== Exercise directions ==
Go through the material underneath and show every line where the string "Endings" occurs.

== Records for the task ==
====

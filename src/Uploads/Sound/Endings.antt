-- ===== src/Uploads/Sound/Endings.antt =====
-- Sessions that are completed, aborted or expired stay sound.
use pyupload_x.Base.{
  ℕ, ◌<◌, ◌≡◌, refl, inl, inr, Option, none, some, List, [], ◌∷◌, map, arith, ltb, ◌==◌, Bool-cases,
  length, any, All, contains, Text,
}
use pyupload_x.Errors.{Error, upload_not_found, upload_already_completed, missing_parts}
use pyupload_x.Lifecycle.Mode.{Time}
use pyupload_x.Lifecycle.StateMachine.{UploadStatus, transition_upload}
use pyupload_x.Db.Rows.{UploadSession, UploadPart, FileObject, nonempty}
use pyupload_x.Db.Uploads.{get_upload, save_upload}
use pyupload_x.Db.Files.{add_file}
use pyupload_x.Storage.{StoredObject}
use pyupload_x.Request.{World, Identity, App, ◌>>=◌}
use pyupload_x.Uploads.Parts.{get_session, storage_id_of}
use pyupload_x.Uploads.Complete.{
  complete, complete_or_return, complete_open, existing_file, reconciled, finish, file_row,
  committed_parts, missing_from, numbers_of,
}
use pyupload_x.Uploads.Complete.Checks.{ended_error, raise_ended, may_complete, is_completed}
use pyupload_x.Uploads.Finish.{
  abort, abort_open, abort_stored, is_gone, expire_upload_sessions, expire_row, overdue_ids,
}
use pyupload_x.Uploads.Sound.{IsSound, IsPartOf, AreDistinct}
use pyupload_x.Uploads.Sound.Known.{IsKnown, save_upload-keeps}
use pyupload_x.Uploads.Sound.Rows.{SameShape, IsPartOf-shape}
use pyupload_x.Uploads.Sound.Steps.{Sound, Keeps, found-IsKnown}
use pyupload_x.Uploads.Sound.Sessions.{add_file-keeps}
use pyupload_x.Uploads.Sound.Outcome.{
  after-raise_when, after-or_raise, after-lift, after-call, after-bind,
}

module _ {S : Type 0} (app : App S) (identity : Identity) where
  abort_stored-Keeps :
      (u : UploadSession) (id : Option Text) (w : World S)
      → Keeps u w
      → Keeps u (abort_stored app identity u id w).1
  unfolding abort_stored
  abort_stored-Keeps u none w h = h
  abort_stored-Keeps u (some id) w h = h

  abort_open-Sound :
      (u : UploadSession) (w : World S) → Keeps u w → IsSound (abort_open app identity u w).1.db
  unfolding abort_open
  abort_open-Sound u w h =
      after-lift Sound (transition_upload u.status UploadStatus.aborting) _ w h.0 (λ _ _.
        let u1 : UploadSession = record u { status = UploadStatus.aborting } in
        let w1 : World S = record w { db = save_upload w.now u1 w.db } in
        let kept : Keeps u w1 = save_upload-keeps w.now u u1 w.db (refl, refl, refl) h in
        (after-bind (Keeps u) (abort_stored app identity u (nonempty u.storage_upload_id)) _ w1
          (abort_stored-Keeps u (nonempty u.storage_upload_id) w1 kept)
          (λ _ w2 k.
            save_upload-keeps w.now u
              (record u { status = UploadStatus.aborted; updated_at = w.now }) w2.db
              (refl, refl, refl) k)).0)

  pub abort-IsSound : (id : ℕ) (w : World S) → IsSound w.db → IsSound (abort app identity id w).1.db
  unfolding abort get_session
  abort-IsSound id w h =
      after-or_raise Sound (get_upload w.db id (some identity.tenant_id)) upload_not_found _ w h
        (λ u e.
          let known = found-IsKnown id (some identity.tenant_id) u w.db e h in
          after-raise_when Sound (is_completed u.status) upload_already_completed _ w h (λ _.
            elim (Bool-cases (is_gone u.status)) [
              | inl gone ↦ rw gone h
              | inr live ↦ rw live (abort_open-Sound u w (h, known))
            ]))

  finish-Keeps :
      (u v : UploadSession) (stored : StoredObject) (w : World S)
      → SameShape u v
      → Keeps u w
      → Keeps u (finish app identity v stored w).1
  unfolding finish
  finish-Keeps u v stored w same h =
      after-lift (Keeps u) (add_file (file_row app identity v stored w.now) w.db) _ w h (λ fd e.
        save_upload-keeps w.now u
          (record v { status = UploadStatus.completed; completed_file_id = some fd.0.id }) fd.1 same
          (add_file-keeps (file_row app identity v stored w.now) u w.db e h))

  complete_open-Sound :
      (u : UploadSession) (w : World S) → Keeps u w → IsSound (complete_open app identity u w).1.db
  unfolding complete_open
  complete_open-Sound u w h =
      let committed = committed_parts w.db u.id in
      after-raise_when Sound (ltb (length committed) u.total_parts)
        (missing_parts (missing_from u.total_parts (numbers_of committed))) _ w h.0
        (λ _.
          after-lift Sound (reconciled app identity u committed w.store) _ w h.0 (λ stored_parts _.
            after-lift Sound (may_complete u.status) _ w h.0 (λ _ _.
              let u1 : UploadSession = record u { status = UploadStatus.completing } in
              let w1 : World S = record w { db = save_upload w.now u1 w.db } in
              let kept : Keeps u w1 = save_upload-keeps w.now u u1 w.db (refl, refl, refl) h in
              after-call Sound
                (app.storage.complete_multipart_upload u.bucket u.object_key (storage_id_of u)
                  stored_parts)
                _ w1 (λ _. kept.0)
                (λ stored s.
                  (finish-Keeps u u1 stored (record w1 { store = s }) (refl, refl, refl) kept).0))))

  pub complete-IsSound :
      (id : ℕ) (w : World S) → IsSound w.db → IsSound (complete app identity id w).1.db
  unfolding complete get_session
  complete-IsSound id w h =
      after-or_raise Sound (get_upload w.db id (some identity.tenant_id)) upload_not_found _ w h
        (λ u e.
          returned u (existing_file app identity u w.db)
            (found-IsKnown id (some identity.tenant_id) u w.db e h))
    where
      ended :
          (u : UploadSession) (o : Option Error)
          → IsKnown u w.db
          → IsSound ((raise_ended o >>= λ _. complete_open app identity u) w).1.db
      ended u none known = complete_open-Sound u w (h, known)
      ended u (some e) known = h

      returned :
          (u : UploadSession) (o : Option FileObject)
          → IsKnown u w.db
          → IsSound (complete_or_return app identity u o w).1.db
      returned u (some f) known = h
      returned u none known = ended u (ended_error u.status) known

-- The sweep of overdue sessions changes their status and times only.
pub any-id-expire :
    (now : Time) (ids : List ℕ) (id : ℕ) (us : List UploadSession)
    → any (λ v. v.id == id) (map (expire_row now ids) us) ≡ any (λ v. v.id == id) us
any-id-expire now ids id [] = refl
any-id-expire now ids id (v ∷ us) = ground (arith, any-id-expire now ids id us)

AreDistinct-expire :
    (now : Time) (ids : List ℕ) (us : List UploadSession)
    → AreDistinct us
    → AreDistinct (map (expire_row now ids) us)
AreDistinct-expire now ids [] h = tt
AreDistinct-expire now ids (v ∷ us) h = elim (Bool-cases (contains v.id ids)) [
  | inl e ↦ rw e (rw (any-id-expire now ids v.id us) h.0, AreDistinct-expire now ids us h.1)
  | inr e ↦ rw e (rw (any-id-expire now ids v.id us) h.0, AreDistinct-expire now ids us h.1)
]

pub map-All-expire :
    (P : UploadSession → Type 0) (now : Time) (ids : List ℕ) (us : List UploadSession)
    → ((v : UploadSession) → P v → P (expire_row now ids v))
    → All P us
    → All P (map (expire_row now ids) us)
map-All-expire P now ids [] k h = tt
map-All-expire P now ids (v ∷ us) k h = (k v h.0, map-All-expire P now ids us k h.1)

pub expire_upload_sessions-IsSound :
    {S : Type 0} (batch_size : ℕ) (w : World S)
    → IsSound w.db
    → IsSound (expire_upload_sessions batch_size w).1.db
unfolding expire_upload_sessions
expire_upload_sessions-IsSound batch_size w h =
    let ids = overdue_ids w.now batch_size w.db.uploads in
    record {
      distinct = AreDistinct-expire w.now ids w.db.uploads h.distinct;
      unique = h.unique;
      parts =
          map-All-expire (λ u. All (IsPartOf u) w.db.parts) w.now ids w.db.uploads
            (λ v k. same_parts ids v w.db.parts k) h.parts;
      old_uploads =
          map-All-expire (λ u. u.id < w.db.next_id) w.now ids w.db.uploads (λ v k. same_id ids v k)
            h.old_uploads;
      old_parts = h.old_parts;
      old_files = h.old_files;
    }
  where
    same_parts :
        (ids : List ℕ) (v : UploadSession) (ps : List UploadPart)
        → All (IsPartOf v) ps
        → All (IsPartOf (expire_row w.now ids v)) ps
    same_parts ids v ps k =
        IsPartOf-shape v (expire_row w.now ids v) ps (ground arith, ground arith, ground arith) k

    same_id :
        (ids : List ℕ) (v : UploadSession)
        → v.id < w.db.next_id
        → (expire_row w.now ids v).id < w.db.next_id
    same_id ids v k = ground arith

====

== Answer box ==
filename src/Uploads/Sound/Endings.antt
-- ===== src/Uploads/Sound/Endings.antt =====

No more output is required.